**WHAT YOU HAVE TO DO:**
Copy each line from the entries that the word "chain" appears in.

Stored items
══════════

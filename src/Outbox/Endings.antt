-- ===== src/Outbox/Endings.antt =====
-- internal/outbox/worker.go: every way through process ends the work on its job.
use sms.Prelude.{ℕ, ◌≡◌, refl, List}
use sms.Prelude.Text.{Text}
use sms.Store.Types.{Uuid, send_uncertain, SendJob, Db}
use sms.Store.Errors.{Result, ok, err}
use sms.Outbox.Match.{StatisticRow}
use sms.Outbox.World.{World}
use sms.Outbox.Parking.{park, complete, error_text}
use sms.Outbox.Accepting.{
  accept, accept_from_stat, mark_accepted, apply_statistic, note_sms_id, with_db,
}
use sms.Outbox.Untouched.{
  SameJobs, SameJobs-refl, SameJobs-trans, mark_accepted-SameJobs, apply_statistic-SameJobs,
  capture-SameJobs, note_sms_id-db,
}
use sms.Outbox.Effects.{Ends, park-Ends, complete-Ends}

-- Of the tables of two worlds.
abbrev pub Ended : ℕ → SendJob → World → World → Type 0
Ended worker job w w' = Ends worker job.id w.db.send_jobs w'.db.send_jobs

pub after_same :
    (worker : ℕ) (id : Uuid) (a b : Db) {js' : List SendJob}
    → SameJobs a b
    → Ends worker id b.send_jobs js'
    → Ends worker id a.send_jobs js'
after_same worker id a b s e = rw (s.jobs) at e

pub note_sms_id-SameJobs : (id : Text) (w : World) → SameJobs w.db (note_sms_id id w).db
note_sms_id-SameJobs id w = rw (note_sms_id-db id w) (SameJobs-refl w.db)

module _ (worker now : ℕ) (job : SendJob) (msg : Uuid) where
  -- The way on from a write on a message: to another world, or to a park.
  complete_after :
      (a b : World) → SameJobs a.db b.db → Ended worker job a (complete worker now job b)
  complete_after a b s = after_same worker job.id a.db b.db s (complete-Ends worker now job b)

  parked_uncertain :
      (attempt delay : ℕ) (why : Text) (a b : World)
      → SameJobs a.db b.db
      → Ended worker job a (park worker now job send_uncertain attempt why delay b).1
  parked_uncertain attempt delay why a b s =
      after_same worker job.id a.db b.db s
        (park-Ends worker now job send_uncertain attempt why delay b refl)

  pub accept-Ends :
      (pid : Text) (attempt : ℕ) (w : World)
      → Ended worker job w (accept worker now job msg pid attempt w)
  unfolding accept
  accept-Ends pid attempt w = on_written (mark_accepted msg (error_text pid) w.db) refl
    where
      on_written :
          (r : Result Db)
          → mark_accepted msg (error_text pid) w.db ≡ r
          → Ended worker job w (accept worker now job msg pid attempt w)
      on_written (err e) x =
          rw (accept, x) (park-Ends worker now job send_uncertain attempt _ _ w refl)
      on_written (ok db) x =
          rw (accept, x)
            (complete_after w _ (
              SameJobs-trans (mark_accepted-SameJobs msg (error_text pid) w.db db x) (
                SameJobs-trans (capture-SameJobs msg (with_db w db)) (note_sms_id-SameJobs pid _))))

  pub accept_from_stat-Ends :
      (row : StatisticRow) (w : World)
      → Ended worker job w (accept_from_stat worker now job msg row w)
  unfolding accept_from_stat
  accept_from_stat-Ends row w = on_applied (apply_statistic msg row noted.db) refl
    where
      noted : World
      noted = note_sms_id row.sms_id w

      on_marked :
          (applied : Db)
          → apply_statistic msg row noted.db ≡ ok applied
          → (r : Result Db) → mark_accepted msg (error_text row.sms_id) applied ≡ r
          → Ended worker job w (accept_from_stat worker now job msg row w)
      on_marked applied x (err e) y =
          rw (accept_from_stat, x, y)
            (parked_uncertain job.attempt _ _ w _ (
              SameJobs-trans (note_sms_id-SameJobs row.sms_id w)
                (apply_statistic-SameJobs msg row noted.db applied x)))
      on_marked applied x (ok db) y =
          rw (accept_from_stat, x, y)
            (complete_after w _ (
              SameJobs-trans (note_sms_id-SameJobs row.sms_id w) (
                SameJobs-trans (apply_statistic-SameJobs msg row noted.db applied x) (
                  SameJobs-trans (mark_accepted-SameJobs msg (error_text row.sms_id) applied db y)
                    (capture-SameJobs msg (with_db noted db))))))

      on_applied :
          (r : Result Db)
          → apply_statistic msg row noted.db ≡ r
          → Ended worker job w (accept_from_stat worker now job msg row w)
      on_applied (err e) x =
          rw (accept_from_stat, x)
            (parked_uncertain job.attempt _ _ w _ (note_sms_id-SameJobs row.sms_id w))
      on_applied (ok applied) x =
          on_marked applied x (mark_accepted msg (error_text row.sms_id) applied) refl
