-- ===== src/Sting/Fragm.antt =====
-- sting/fragm.c: `fragment`, which cuts a datagram that is too long for a port.
pub mod Pieces
use stin_g.Prelude.{
  ℕ, zero, suc, ◌+◌, ◌-◌, ◌*◌, ◌/◌, ◌%◌, Bool, true, false, ◌&&◌, ◌||◌, List, [], ◌∷◌, ◌++◌, Option,
  none, some, length, take, drop, get_or, ltb, leb, ◌==◌, if◌then◌else◌, u16, sub16, sub32,
}
use stin_g.Sting.Dgram.{IpDgram, pkt_length, opt_length}

-- The order of `int16` on its patterns.
abbrev pub lt16 : ℕ → ℕ → Bool
lt16 a b = ltb (u16 (a + 0x8000)) (u16 (b + 0x8000))

-- The loop over the options, on fuel, from place `count` on: those that are copied to every fragment.
-- `none` means that the fuel ran out. An option that runs past the end is taken as far as there are
-- bytes.
unfoldable pub copied_options : ℕ → List ℕ → ℕ → Option (List ℕ)
copied_options zero orig count = none
copied_options (suc fuel) orig count =
    let kind = get_or orig count 0 in
    let len = get_or orig (count + 1) 0 in
    let long = leb 2 (kind % 32) in
    let rest = copied_options fuel orig (if long then count + len else count + 1) in
    if ltb count (length orig) && ltb 0 kind
    then (if long && leb 128 kind
        then elim rest [ none ↦ none | some r ↦ some (take len (drop count orig) ++ r) ]
        else rest)
    else some []

-- The padding. `remain[++remain_len] = 0` skips one byte, which stays as `KRmalloc` gave it.
unfoldable pub padded : ℕ → List ℕ → List ℕ
padded junk r =
    let over = length r % 4 in
    if over == 0
    then r
    else if over == 1
    then r ++ junk ∷ 0 ∷ 0 ∷ []
    else if over == 2
    then r ++ junk ∷ 0 ∷ []
    else r ++ junk ∷ []

-- `frg_datalen`, for `count` bytes of options and `rest` bytes that are left; all are `int16`.
pub data_length : ℕ → ℕ → ℕ → ℕ
data_length mtu count rest =
    let fits = u16 (sub32 (sub32 mtu 20) count / 8 * 8) in if lt16 rest fits then rest else fits

-- What lies outside: the checksum routine in assembly, and what new memory for an `IP_DGRAM` holds.
pub record Outside : Type 0 where
  pub check_sum : IpDgram → ℕ
  pub blank : IpDgram

-- One fragment: the bytes from `ofst` on, with these options. Of the datagram only the header is
-- copied.
pub piece : Outside → IpDgram → List ℕ → ℕ → ℕ → IpDgram
unfolding data_length
piece outside d options ofst mtu =
    let rest = sub16 (pkt_length d) ofst in
    let len = data_length mtu (length options) rest in
    let p : IpDgram = record d {
      options = options;
      pkt_data = take len (drop ofst d.pkt_data);
      hd_len = (20 + length options) / 4 % 16;
      total_length = u16 ((20 + length options) / 4 % 16 * 4 + len);
      frag_ofst = ofst / 8;
      more_frg = lt16 len rest || d.more_frg;
      hdr_chksum = 0;
      timeout = outside.blank.timeout;
      ip_gateway = outside.blank.ip_gateway;
      recvd = outside.blank.recvd;
    } in
    record p { hdr_chksum = outside.check_sum p }

-- What `fragment` ends with: its fuel ran out, it returns FALSE, or the chain of fragments.
pub data Fragments : Type 0 where
  out_of_fuel no_memory : Fragments
  chain : List IpDgram → Fragments

abbrev pub followed_by : IpDgram → Fragments → Fragments
followed_by p out_of_fuel = out_of_fuel
followed_by p no_memory = no_memory
followed_by p (chain ps) = chain (p ∷ ps)

-- The `do` loop: the fragments from `ofst` on. `options` are those of the first of them, and `remain`
-- those of the others; `heap` are the answers of `KRmalloc`, three for each fragment.
pub fragment_loop : ℕ → Outside → (ℕ → Bool) → IpDgram → List ℕ → List ℕ → ℕ → ℕ → Fragments
unfolding piece
fragment_loop zero outside heap d options remain ofst mtu = out_of_fuel
fragment_loop (suc fuel) outside heap d options remain ofst mtu =
    let rest = sub16 (pkt_length d) ofst in
    let len = data_length mtu (length options) rest in
    let behind =
      fragment_loop fuel outside (λ n. heap (3 + n)) d remain remain (u16 (ofst + len)) mtu in
    if heap 0 && heap 1 && heap 2
    then (if lt16 len rest
        then followed_by (piece outside d options ofst mtu) behind
        else chain (piece outside d options ofst mtu ∷ []))
    else no_memory

-- `fragment`; `junk` is the byte that the padding skips.
pub fragment : ℕ → Outside → (ℕ → Bool) → ℕ → IpDgram → ℕ → Fragments
unfolding copied_options padded fragment_loop
fragment fuel outside heap junk d mtu =
    if heap 0
    then elim (copied_options fuel d.options 0) [
      | none ↦ out_of_fuel
      | some r ↦ fragment_loop fuel outside (λ n. heap (1 + n)) d d.options (padded junk r) 0 mtu
    ]
    else no_memory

══════════

**YOUR RESPONSE:**
-- What `fragment` ends with: its fuel ran out, it returns FALSE, or the chain of fragments.
  chain : List IpDgram → Fragments
followed_by p (chain ps) = chain (p ∷ ps)
        else chain (piece outside d options ofst mtu ∷ []))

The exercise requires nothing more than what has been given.